ForwardRanger · 03/06/2021 00:31

@Jinjen

It's a long story and there's much more to it, but in a nutshell: I was hospitalised voluntary after I had had a breakdown due to work. Inside, I was talking with the psychologist how my personality changes and that I hear different people in my head. Hence a diagnosis.
Thanks for explaining. Sounds extremely harrowing 🌸
ForwardRanger · 03/06/2021 00:35

@FullThrottle

That is so interesting. What an ordeal, I’m so sorry. And well done for reporting malpractice and getting treatment. What became of the so called Dr in the end?

It’s so odd how an individual's diagnosis my not be fully explained to the person themselves, whereas in other countries your medical reports are not even given to your own GP without your express consent.
It’s infantilising patients. Although I suppose looked at on the whole, it’s an efficient system.

Thanks FullThrottle

What happened to the dr is that he was convicted, granted permanent name suppression and allowed to continue practising. He now heads a big drug trial company.

I agree that it is strange that my diagnoses were not discussed with me originally but things do seem to have changed now and I informed about every tiny record and have to sign that I've seen it and understand it.

wigglerose · 03/06/2021 06:37

Awfully artificial and put on, isn"t it? It would get on my nerves. I know someone who puts on an act in a similar way (but doesn't do babyish things). It's a way for forming a barrier. If people play along they get past the barrier to thr next one. I honestly find it a little controlling and manipulative. We all put fronts on to some degree in certain situations, but some people take it to the nth degree.

Inwiththenew · 03/06/2021 09:31

If it’s making you cringe, I’d say this friendship has not got a future. Cringing is a strong physical and emotional reaction to something that you personally find very distasteful. Why would you continually put yourself through that?

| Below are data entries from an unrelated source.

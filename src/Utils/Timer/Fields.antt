-- ===== src/Utils/Timer/Fields.antt =====
-- The fields of a timestamp.
use dcscan_modules_api.Prelude.{ℕ, ◌+◌, ◌-◌, ◌*◌, ◌/◌, ◌^◌, ◌≤◌, ◌<◌, ◌≡◌, List, arith}
use dcscan_modules_api.Utils.Timer.{
  Timestamp, counts, to_field, positive_part, get_timestamp, get_timestamp_string,
  timestamp_to_string, ns_per_us, ns_per_ms, ns_per_s, ns_per_min, ns_per_h,
}

-- One unit and the next: the finer count never falls below the coarser one, and the rest is small.
minutes :
    (t : ℕ) → (60 * (t / ns_per_h) ≤ t / ns_per_min) × (t / ns_per_min - 60 * (t / ns_per_h) < 60)
minutes t = omega arith

seconds :
    (t : ℕ) → (60 * (t / ns_per_min) ≤ t / ns_per_s) × (t / ns_per_s - 60 * (t / ns_per_min) < 60)
seconds t = omega arith

milliseconds :
    (t : ℕ)
    → (1000 * (t / ns_per_s) ≤ t / ns_per_ms) × (t / ns_per_ms - 1000 * (t / ns_per_s) < 1000)
milliseconds t = omega arith

microseconds :
    (t : ℕ)
    → (1000 * (t / ns_per_ms) ≤ t / ns_per_us) × (t / ns_per_us - 1000 * (t / ns_per_ms) < 1000)
microseconds t = omega arith

nanoseconds : (t : ℕ) → (1000 * (t / ns_per_us) ≤ t) × (t - 1000 * (t / ns_per_us) < 1000)
nanoseconds t = omega arith

regroup :
    (t h m s ms us : ℕ)
    → 60 * h ≤ m
    → 60 * m ≤ s
    → 1000 * s ≤ ms
    → 1000 * ms ≤ us
    → 1000 * us ≤ t
    → h * ns_per_h
        + (m - 60 * h) * ns_per_min
        + (s - 60 * m) * ns_per_s
        + (ms - 1000 * s) * ns_per_ms
        + (us - 1000 * ms) * ns_per_us
        + (t - 1000 * us)
      ≡ t
regroup t h m s ms us p q r u v = omega arith

to_field_small : (v : ℕ) → v < 2 ^ 15 → to_field v ≡ v
unfolding to_field
to_field_small v h = ground arith

positive_part_small : (v : ℕ) → v < 2 ^ 15 → positive_part v ≡ v
unfolding positive_part
positive_part_small v h = ground arith

-- No cast of a count to `i16` loses anything within 32767 hours.
get_timestamp-eq-counts :
    (t : ℕ)
    → t / ns_per_h < 2 ^ 15
    → get_timestamp t ≡ (
        let c = counts t in
        record { hour = c.h; min = c.m; sec = c.s; millis = c.ms; micros = c.us; nanos = c.ns })
unfolding get_timestamp counts
get_timestamp-eq-counts t h = cc (
  to_field_small (t / ns_per_h) h,
  to_field_small (t / ns_per_min - 60 * (t / ns_per_h)) (omega (arith, minutes t)),
  to_field_small (t / ns_per_s - 60 * (t / ns_per_min)) (omega (arith, seconds t)),
  to_field_small (t / ns_per_ms - 1000 * (t / ns_per_s)) (omega (arith, milliseconds t)),
  to_field_small (t / ns_per_us - 1000 * (t / ns_per_ms)) (omega (arith, microseconds t)),
  to_field_small (t - 1000 * (t / ns_per_us)) (omega (arith, nanoseconds t)),
)

-- The fields of `ts` are in their ranges and add up to `t` nanoseconds.
pub record IsExact (ts : Timestamp) (t : ℕ) : Type 0 where
  pub total :
      ts.hour * ns_per_h
        + ts.min * ns_per_min
        + ts.sec * ns_per_s
        + ts.millis * ns_per_ms
        + ts.micros * ns_per_us
        + ts.nanos
      ≡ t
  pub min : ts.min < 60
  pub sec : ts.sec < 60
  pub millis : ts.millis < 1000
  pub micros : ts.micros < 1000
  pub nanos : ts.nanos < 1000

-- While the elapsed time has at most 32767 whole hours, the fields of the timestamp are in their
-- ranges and add up to the elapsed time.
pub get_timestamp-IsExact : (t : ℕ) → t / ns_per_h < 2 ^ 15 → IsExact (get_timestamp t) t
get_timestamp-IsExact t h = rw (get_timestamp-eq-counts t h) (
    unfold counts in
    record {
      total =
          regroup t _ _ _ _ _ (minutes t).0 (seconds t).0 (milliseconds t).0 (microseconds t).0
            (nanoseconds t).0;
      min = (minutes t).1;
      sec = (seconds t).1;
      millis = (milliseconds t).1;
      micros = (microseconds t).1;
      nanos = (nanoseconds t).1;
    })

-- Within the same time the string that a timer prints is the string of its timestamp, whatever
-- `std::to_string` prints.
pub get_timestamp_string-agrees :
    (to_string : ℕ → List ℕ) (t : ℕ)
    → t / ns_per_h < 2 ^ 15
    → timestamp_to_string to_string (get_timestamp t) ≡ get_timestamp_string to_string t
unfolding timestamp_to_string get_timestamp_string
get_timestamp_string-agrees to_string t h = rw (get_timestamp-eq-counts t h) (
    unfold counts in
    rw (
      positive_part_small (t / ns_per_h) h,
      positive_part_small (t / ns_per_min - 60 * (t / ns_per_h)) (omega (arith, minutes t)),
      positive_part_small (t / ns_per_s - 60 * (t / ns_per_min)) (omega (arith, seconds t)),
      positive_part_small (t / ns_per_ms - 1000 * (t / ns_per_s)) (omega (arith, milliseconds t)),
      positive_part_small (t / ns_per_us - 1000 * (t / ns_per_ms)) (omega (arith, microseconds t)),
      positive_part_small (t - 1000 * (t / ns_per_us)) (omega (arith, nanoseconds t)),
    ))
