-- ===== src/Utils/Vector/Growth.antt =====
-- Growth of a vector, and what its constructors keep.
use dcscan_modules_api.Prelude.{
  ℕ, ◌+◌, ◌*◌, ◌≤◌, ◌<◌, max, ◌≡◌, refl, sym, ap, ◌∙◌, ◌⊎◌, inr, true, false, List, [], ◌∷◌, ◌++◌,
  append-nil, append_assoc, arith, length, length-append,
}
use dcscan_modules_api.Utils.Vector.{
  Vector, empty, reserve, make_room, emplace, push, push_all, capacity,
}

-- The elements fit the allocation, which is not empty if there is one.
pub record IsValid {ℓ} {A : Type ℓ} (v : Vector A) : Type 0 where
  pub fits : length v.items ≤ v.max_size
  pub allocated : (v.allocated ≡ true) × (0 < v.max_size) ⊎ (v.allocated ≡ false) × (v.max_size ≡ 0)

module _ {ℓ} {A : Type ℓ} where
  pub empty-IsValid : IsValid (empty {A = A})
  unfolding empty
  empty-IsValid = record { fits = omega arith; allocated = inr (refl, refl) }

  make_room_lem :
      (v : Vector A)
      → IsValid v
      → (length v.items < (make_room v).max_size)
        × ((make_room v).allocated ≡ true)
        × ((make_room v).items ≡ v.items)
        × ((make_room v).max_size ≤ max v.max_size (2 * length v.items + 1))
  unfolding make_room
  make_room_lem v ok = ground arith

  -- `reserve` keeps a vector valid with its elements; so does `push`, which appends one.
  pub reserve-IsValid :
      (n : ℕ) (v : Vector A) → IsValid v → IsValid (reserve n v) × ((reserve n v).items ≡ v.items)
  unfolding reserve
  reserve-IsValid n v ok = ground arith

  pub push-IsValid : (a : A) (v : Vector A) → IsValid v → IsValid (push a v)
  unfolding push emplace
  push-IsValid a v ok = ground (arith, make_room_lem v ok, length-append v.items (a ∷ []))

  pub items-push : (a : A) (v : Vector A) → IsValid v → (push a v).items ≡ v.items ++ a ∷ []
  unfolding push emplace
  items-push a v ok = ap (λ xs. xs ++ a ∷ []) (make_room_lem v ok).2

  capacity-push :
      (a : A) (v : Vector A)
      → IsValid v
      → (push a v).max_size ≤ max v.max_size (2 * length v.items + 1)
  unfolding push emplace
  capacity-push a v ok = (make_room_lem v ok).3

  push_all_lem :
      (xs : List A) (v : Vector A)
      → IsValid v
      → IsValid (push_all xs v)
        × ((push_all xs v).items ≡ v.items ++ xs)
        × ((push_all xs v).max_size ≤ max v.max_size (2 * (length v.items + length xs)))
  unfolding push_all
  push_all_lem [] v ok = (ok, sym (append-nil v.items), omega arith)
  push_all_lem (x ∷ xs) v ok =
      let (still, same, cap) = push_all_lem xs (push x v) (push-IsValid x v ok) in
      let one_more : length (push x v).items ≡ length v.items + 1 =
        omega (arith, ap length (items-push x v ok), length-append v.items (x ∷ [])) in
      (
        still,
        same ∙ ap (λ ys. ys ++ xs) (items-push x v ok) ∙ append_assoc v.items (x ∷ []) xs,
        omega (arith, capacity-push x v ok),
      )

  -- Pushing the elements of `xs` one by one onto an empty vector stores exactly these, in order,
  -- in an allocation that holds them and is at most twice as large as they need.
  pub push_all-empty :
      (xs : List A)
      → IsValid (push_all xs empty)
        × ((push_all xs empty).items ≡ xs)
        × (capacity (push_all xs empty) ≤ 2 * length xs)
  unfolding capacity empty
  push_all-empty xs =
      let (ok, same, cap) = push_all_lem xs empty empty-IsValid in (ok, same, omega (arith, cap))
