-- ===== src/Utils/Text/Split.antt =====
-- `split` cuts a text at its separators and loses nothing else.
use dcscan_modules_api.Prelude.{
  ℕ, zero, suc, ◌+◌, ◌-◌, ◌≤◌, ◌<◌, ◌≡◌, refl, sym, ap, ◌∙◌, inl, inr, List, [], ◌∷◌, ◌++◌,
  append-nil, append_assoc, arith, ◌==◌, ==_iff, Bool-cases, length, get_or, take, drop,
  length-take, length-drop, take_exact,
}
use dcscan_modules_api.Utils.Vector.{Vector, empty, push}
use dcscan_modules_api.Utils.Vector.Growth.{IsValid, empty-IsValid, push-IsValid, items-push}
use dcscan_modules_api.Utils.Text.{Text, from_range, split_loop, split}

-- The bytes that a text counts as its own.
abbrev pub content : Text → List ℕ
content s = take s.buffer_size s.bytes

-- Pieces, each followed by the separator.
abbrev pub ended : ℕ → List Text → List ℕ
ended separator [] = []
ended separator (p ∷ ps) = content p ++ separator ∷ ended separator ps

abbrev slice : List ℕ → ℕ → ℕ → List ℕ
slice b from n = take n (drop from b)

take_next : (b : List ℕ) (i : ℕ) → i < length b → take (suc i) b ≡ take i b ++ get_or b i 0 ∷ []
take_next [] i h = absurd (omega arith)
take_next (x ∷ b) zero h = refl
take_next (x ∷ b) (suc i) h = ap (◌∷◌ x) (take_next b i (omega arith))

get_or-drop : (b : List ℕ) (k i : ℕ) → get_or (drop k b) i 0 ≡ get_or b (k + i) 0
get_or-drop b zero i = ap (λ k. get_or b k 0) (omega arith)
get_or-drop [] (suc k) i = refl
get_or-drop (x ∷ b) (suc k) i =
    get_or-drop b k i ∙ ap (λ j. get_or (x ∷ b) j 0) {x = suc (k + i)} {y = suc k + i} (omega arith)

slice_next :
    (b : List ℕ) (offset i : ℕ)
    → offset ≤ i
    → i < length b
    → slice b offset (i + 1 - offset) ≡ slice b offset (i - offset) ++ get_or b i 0 ∷ []
slice_next b offset i h k =
    ap (slice b offset) {x = i + 1 - offset} {y = suc (i - offset)} (omega arith)
    ∙ take_next (drop offset b) (i - offset) (omega (arith, length-drop offset b))
    ∙ ap (λ c. slice b offset (i - offset) ++ c ∷ [])
        (get_or-drop b offset (i - offset)
          ∙ ap (λ j. get_or b j 0) {x = offset + (i - offset)} {y = i} (omega arith))

content-from_range :
    (ptr : List ℕ) (n : ℕ) → n ≤ length ptr → content (from_range ptr n) ≡ take n ptr
unfolding from_range
content-from_range ptr n h = take_exact n (take n ptr) (0 ∷ []) (omega (arith, length-take n ptr))

ended-append :
    (s : ℕ) (ps : List Text) (p : Text)
    → ended s (ps ++ p ∷ []) ≡ ended s ps ++ (content p ++ s ∷ [])
ended-append s [] p = refl
ended-append s (q ∷ ps) p =
    rw (ended-append s ps p) (sym (append_assoc (content q) (s ∷ ended s ps) (content p ++ s ∷ [])))

-- What the loop has cut off so far, and the piece that it is in, are the bytes up to `i`.
record Cut (separator : ℕ) (b : List ℕ) (i offset : ℕ) (out : Vector Text) : Type 0 where
  valid : IsValid out
  behind : offset ≤ i
  kept : ended separator out.items ++ slice b offset (i - offset) ≡ take i b

split_at_separator :
    (s : ℕ) (b : List ℕ) (i offset : ℕ) (out : Vector Text)
    → i < length b
    → get_or b i 0 ≡ s
    → Cut s b i offset out
    → Cut s b (i + 1) (i + 1) (push (from_range (drop offset b) (i - offset)) out)
split_at_separator s b i offset out h is_s v = record {
  valid = push-IsValid piece out v.valid;
  behind = omega arith;
  kept =
      rw
        (
          items-push piece out v.valid,
          ended-append s out.items piece,
          content_piece,
          nothing,
          append-nil,
        )
        (sym (append_assoc (ended s out.items) (slice b offset (i - offset)) (s ∷ []))
          ∙ ap (λ xs. xs ++ s ∷ []) v.kept
          ∙ ap (λ c. take i b ++ c ∷ []) (sym is_s)
          ∙ sym (take_next b i h)
          ∙ ap (λ j. take j b) {x = suc i} {y = i + 1} (omega arith));
}
  where
    piece : Text
    piece = from_range (drop offset b) (i - offset)

    content_piece : content piece ≡ slice b offset (i - offset)
    content_piece =
        content-from_range (drop offset b) (i - offset)
          (omega (arith, length-drop offset b, v.behind))

    nothing : slice b (i + 1) (i + 1 - (i + 1)) ≡ []
    nothing = ap (slice b (i + 1)) {x = i + 1 - (i + 1)} {y = 0} (omega arith)

split_goes_on :
    (s : ℕ) (b : List ℕ) (i offset : ℕ) (out : Vector Text)
    → i < length b
    → Cut s b i offset out
    → Cut s b (i + 1) offset out
split_goes_on s b i offset out h v = record {
  valid = v.valid;
  behind = omega (arith, v.behind);
  kept =
      ap (◌++◌ (ended s out.items)) (slice_next b offset i v.behind h)
      ∙ sym (append_assoc (ended s out.items) (slice b offset (i - offset)) (get_or b i 0 ∷ []))
      ∙ ap (λ xs. xs ++ get_or b i 0 ∷ []) v.kept
      ∙ sym (take_next b i h)
      ∙ ap (λ j. take j b) {x = suc i} {y = i + 1} (omega arith);
}

split_loop-Cut :
    (s : ℕ) (b : List ℕ) (n i offset end : ℕ) (out : Vector Text)
    → n + i ≡ end
    → end ≤ length b
    → Cut s b i offset out
    → Cut s b end (split_loop s b n i offset out).0 (split_loop s b n i offset out).1
unfolding split_loop
split_loop-Cut s b zero i offset end out e h v = let same : i ≡ end = omega arith in rw (← same) v
split_loop-Cut s b (suc n) i offset end out e h v = elim (Bool-cases (get_or b i 0 == s)) [
  | inl cut ↦ rw cut (
      split_loop-Cut s b n (i + 1) (i + 1) end _ (omega arith) h
        (split_at_separator s b i offset out (omega arith) ((==_iff _ s).0 cut) v))
  | inr on ↦ rw on (
      split_loop-Cut s b n (i + 1) offset end out (omega arith) h
        (split_goes_on s b i offset out (omega arith) v))
]

-- The pieces of a text whose allocation holds its `buffer_size` bytes are these bytes: all pieces
-- but the last, each followed by the separator, and then the last one, give them back.
pub split_loses_nothing :
    (separator : ℕ) (s : Text)
    → s.buffer_size ≤ length s.bytes
    → (init : List Text) × (last : Text) × ((split separator s).items ≡ init ++ last ∷ [])
      × (ended separator init ++ content last ≡ content s)
unfolding split empty
split_loses_nothing separator s h = (
  v.1.items,
  last,
  items-push last v.1 done.valid,
  ap (◌++◌ (ended separator v.1.items)) (
        content-from_range (drop v.0 s.bytes) (s.buffer_size - v.0)
          (omega (arith, length-drop v.0 s.bytes, done.behind)))
      ∙ done.kept,
)
  where
    v : ℕ × Vector Text
    v = split_loop separator s.bytes s.buffer_size 0 0 empty

    last : Text
    last = from_range (drop v.0 s.bytes) (s.buffer_size - v.0)

    done : Cut separator s.bytes s.buffer_size v.0 v.1
    done =
        split_loop-Cut separator s.bytes s.buffer_size 0 0 s.buffer_size empty (omega arith) h
          (record { valid = empty-IsValid; behind = omega arith; kept = refl })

FullThrottle · 03/06/2021 11:39

@ForwardRanger, so he basically got away with it. Wow.

I hope you have made your peace with this and are enjoying your life. Hug. Flowers

Tam20779 · 03/06/2021 12:16

Oh god, I despise women like this who speak in a simpering girly voice. It just grates on me so much. I feel like shouting at them to speak normally. It’s even worse when coupled with an American accent.

soreenqueen21 · 03/06/2021 12:27

This reply has been deleted

Message withdrawn at poster's request.

TheCatTiger · 03/06/2021 12:32

😂

user1495884211 · 03/06/2021 12:36

What's wrong with holding mugs with both hands? I almost always use both hands to drink hot drinks - partly because the best thing about hot drinks is warming my hands and partly to reduce the risk of spilling scalding liquid down myself. (I will grant that it would be a bit odd to hold a wine glass with two hands!)

Nicolastuffedone · 03/06/2021 12:44

Nothing...except her friend does it a ‘baby’ like way.

TheChiefJo · 03/06/2021 12:54

Is she doing it to be comical? She might see those words and the voice as her funny quirks and assume everyone thinks it's amusing. YANU for finding it intensely irritating.

TheChiefJo · 03/06/2021 12:56

*YANBU for finding it intensely irritating

KevinTheGoat · 03/06/2021 13:09

YANBU, and it's one of the things I hate about places like Tumblr - so many people on there talking like they're five. It's not cute, it's obnoxious and it grates like nails on a blackboard.